START Extracted entries

-- ===== src/Server/Feeds.antt =====
-- The worker, the publisher and a stream together (server/src/worker.cpp, server/src/publisher.cpp).
pub mod Histories
pub mod Private
pub mod Resuming
pub mod Starting
pub mod Viewing
pub mod Waiting
pub mod Asking
pub mod Whole
use Prim.Native.String.{String}
use order_book_engine.Prelude.{
  ℕ, ◌+◌, ◌-◌, ◌%◌, ◌<◌, ltb, Bool, true, false, ◌&&◌, Option, none, some, List, [], ◌∷◌, ◌++◌, ◌≡◌,
  refl, sym, ap, subst, ◌∙◌, inl, inr, ◌⊎◌, arith, Bool-cases, Option-cases, if◌then◌else◌, if_both,
  lookup, insert, lookup-insert, ◌==◌, ==_iff, ==_refl,
}
use order_book_engine.Book.State.{Book, word}
use order_book_engine.Server.Commands.{Stamped, Output, MarketEvent, SnapshotReady, Reply}
use order_book_engine.Server.Worker.{Worker, serve_all}
use order_book_engine.Server.Worker.Streams.Dating.{Stream}
use order_book_engine.Server.Worker.Streams.Flowing.{serve_all-Flows}
use order_book_engine.Server.Subscription.{FeedItem, Subscription}
use order_book_engine.Server.Publisher.{Publisher, Subscriber, SymbolState, make_live, shows}
use order_book_engine.Server.Publisher.Consistent.{IsConsistent}
use order_book_engine.Server.Publisher.Views.{view, shown, after, waits, go_live}
use order_book_engine.Server.Publisher.Views.Sessions.{Action, outputs_of, act_all}
use order_book_engine.Server.Publisher.Views.Observing.{act_all-view}

-- The outputs about one symbol, and the items of a stream about it.
abbrev pub outputs_about : ℕ → List Output → List Output
outputs_about s [] = []
outputs_about s (Output.market_event e ∷ outs) =
    let rest = outputs_about s outs in if s == e.symbol then Output.market_event e ∷ rest else rest
outputs_about s (Output.snapshot_ready r ∷ outs) =
    let rest = outputs_about s outs in
    if s == r.symbol then Output.snapshot_ready r ∷ rest else rest
outputs_about s (Output.reply r ∷ outs) = outputs_about s outs
outputs_about s (Output.outbox_closed ∷ outs) = outputs_about s outs

abbrev pub items_about : ℕ → List FeedItem → List FeedItem
items_about s [] = []
items_about s (FeedItem.market_event e ∷ items) =
    let rest = items_about s items in if s == e.symbol then FeedItem.market_event e ∷ rest else rest
items_about s (FeedItem.snapshot_ready r ∷ items) =
    let rest = items_about s items in
    if s == r.symbol then FeedItem.snapshot_ready r ∷ rest else rest
items_about s (FeedItem.reply r ∷ items) = items_about s items

-- Events alone, numbered from `next` on, modulo 2 ^ 64; `end` is the number after them.
abbrev pub Numbered : ℕ → List FeedItem → ℕ → Type 0
Numbered next [] end = end ≡ next
Numbered next (FeedItem.market_event e ∷ items) end =
    (e.event.sequence_number ≡ next) × Numbered ((next + 1) % word) items end
Numbered next (FeedItem.snapshot_ready r ∷ items) end = true ≡ false
Numbered next (FeedItem.reply r ∷ items) end = true ≡ false

-- Nothing yet; or a snapshot first, and then the events after it.
abbrev pub StartsWithSnapshot : List FeedItem → ℕ → Type 0
StartsWithSnapshot [] end = Unit
StartsWithSnapshot (FeedItem.snapshot_ready r ∷ items) end =
    Numbered ((r.snapshot.as_of_sequence + 1) % word) items end
StartsWithSnapshot (FeedItem.market_event e ∷ items) end = true ≡ false
StartsWithSnapshot (FeedItem.reply r ∷ items) end = true ≡ false

about_event :
    (s : ℕ) (e : MarketEvent) (outs : List Output)
    → (s == e.symbol) ≡ true
    → outputs_about s (Output.market_event e ∷ outs) ≡ Output.market_event e ∷ outputs_about s outs
about_event s e outs mine = rw mine refl

about_other_event :
    (s : ℕ) (e : MarketEvent) (outs : List Output)
    → (s == e.symbol) ≡ false
    → outputs_about s (Output.market_event e ∷ outs) ≡ outputs_about s outs
about_other_event s e outs other = rw other refl

about_snapshot :
    (s : ℕ) (r : SnapshotReady) (outs : List Output)
    → (s == r.symbol) ≡ true
    → outputs_about s (Output.snapshot_ready r ∷ outs)
      ≡ Output.snapshot_ready r ∷ outputs_about s outs
about_snapshot s r outs mine = rw mine refl

about_other_snapshot :
    (s : ℕ) (r : SnapshotReady) (outs : List Output)
    → (s == r.symbol) ≡ false
    → outputs_about s (Output.snapshot_ready r ∷ outs) ≡ outputs_about s outs
about_other_snapshot s r outs other = rw other refl

-- A stream is told by the outputs about its symbol.
Stream-to_about :
    (s next end : ℕ) (outs : List Output)
    → Stream s next outs end
    → Stream s next (outputs_about s outs) end
Stream-to_about s next end [] h = h
Stream-to_about s next end (Output.market_event e ∷ outs) (inl (other, h)) =
    rw other (Stream-to_about s next end outs h)
Stream-to_about s next end (Output.market_event e ∷ outs) (inr (mine, n, h)) =
    subst (λ os. Stream s next os end) (sym (about_event s e outs mine))
      (inr (mine, n, Stream-to_about s ((next + 1) % word) end outs h))
Stream-to_about s next end (Output.snapshot_ready r ∷ outs) (d, h) =
    elim (Bool-cases (s == r.symbol)) [
      | inr other ↦ rw other (Stream-to_about s next end outs h)
      | inl mine ↦
          subst (λ os. Stream s next os end) (sym (about_snapshot s r outs mine))
            (d, Stream-to_about s next end outs h)
    ]
Stream-to_about s next end (Output.reply r ∷ outs) h = Stream-to_about s next end outs h
Stream-to_about s next end (Output.outbox_closed ∷ outs) h = Stream-to_about s next end outs h

Stream-of_about :
    (s next end : ℕ) (outs : List Output)
    → Stream s next (outputs_about s outs) end
    → Stream s next outs end
Stream-of_about s next end [] h = h
Stream-of_about s next end (Output.market_event e ∷ outs) h = elim (Bool-cases (s == e.symbol)) [
  | inr other ↦ inl (
    other,
    Stream-of_about s next end outs
        (subst (λ os. Stream s next os end) (about_other_event s e outs other) h),
  )
  | inl mine ↦ elim (subst (λ os. Stream s next os end) (about_event s e outs mine) h) [
    | inl (other, k) ↦ absurd (ground (arith, mine, other))
    | inr (m, n, k) ↦ inr (m, n, Stream-of_about s ((next + 1) % word) end outs k)
  ]
]
Stream-of_about s next end (Output.snapshot_ready r ∷ outs) h = elim (Bool-cases (s == r.symbol)) [
  | inr other ↦ (
    inl other,
    Stream-of_about s next end outs
        (subst (λ os. Stream s next os end) (about_other_snapshot s r outs other) h),
  )
  | inl mine ↦
      let (d, k) = subst (λ os. Stream s next os end) (about_snapshot s r outs mine) h in
      (d, Stream-of_about s next end outs k)
]
Stream-of_about s next end (Output.reply r ∷ outs) h = Stream-of_about s next end outs h
Stream-of_about s next end (Output.outbox_closed ∷ outs) h = Stream-of_about s next end outs h

-- The outputs about a symbol decide whether it has a stream.
pub Stream-about :
    (s next end : ℕ) (outs others : List Output)
    → outputs_about s outs ≡ outputs_about s others
    → Stream s next outs end
    → Stream s next others end
Stream-about s next end outs others same h =
    Stream-of_about s next end others
      (subst (λ os. Stream s next os end) same (Stream-to_about s next end outs h))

END Extracted entries

* **Required work**
The answer must be the line containing "Stream-of_about s next end (Output.outbox_closed" and every line after it to the end of the data, exactly as written.

* **The completed task**
Stream-of_about s next end (Output.outbox_closed ∷ outs) h = Stream-of_about s next end outs h

-- The outputs about a symbol decide whether it has a stream.
pub Stream-about :
    (s next end : ℕ) (outs others : List Output)
    → outputs_about s outs ≡ outputs_about s others
    → Stream s next outs end
    → Stream s next others end
Stream-about s next end outs others same h =
    Stream-of_about s next end others
      (subst (λ os. Stream s next os end) same (Stream-to_about s next end outs h))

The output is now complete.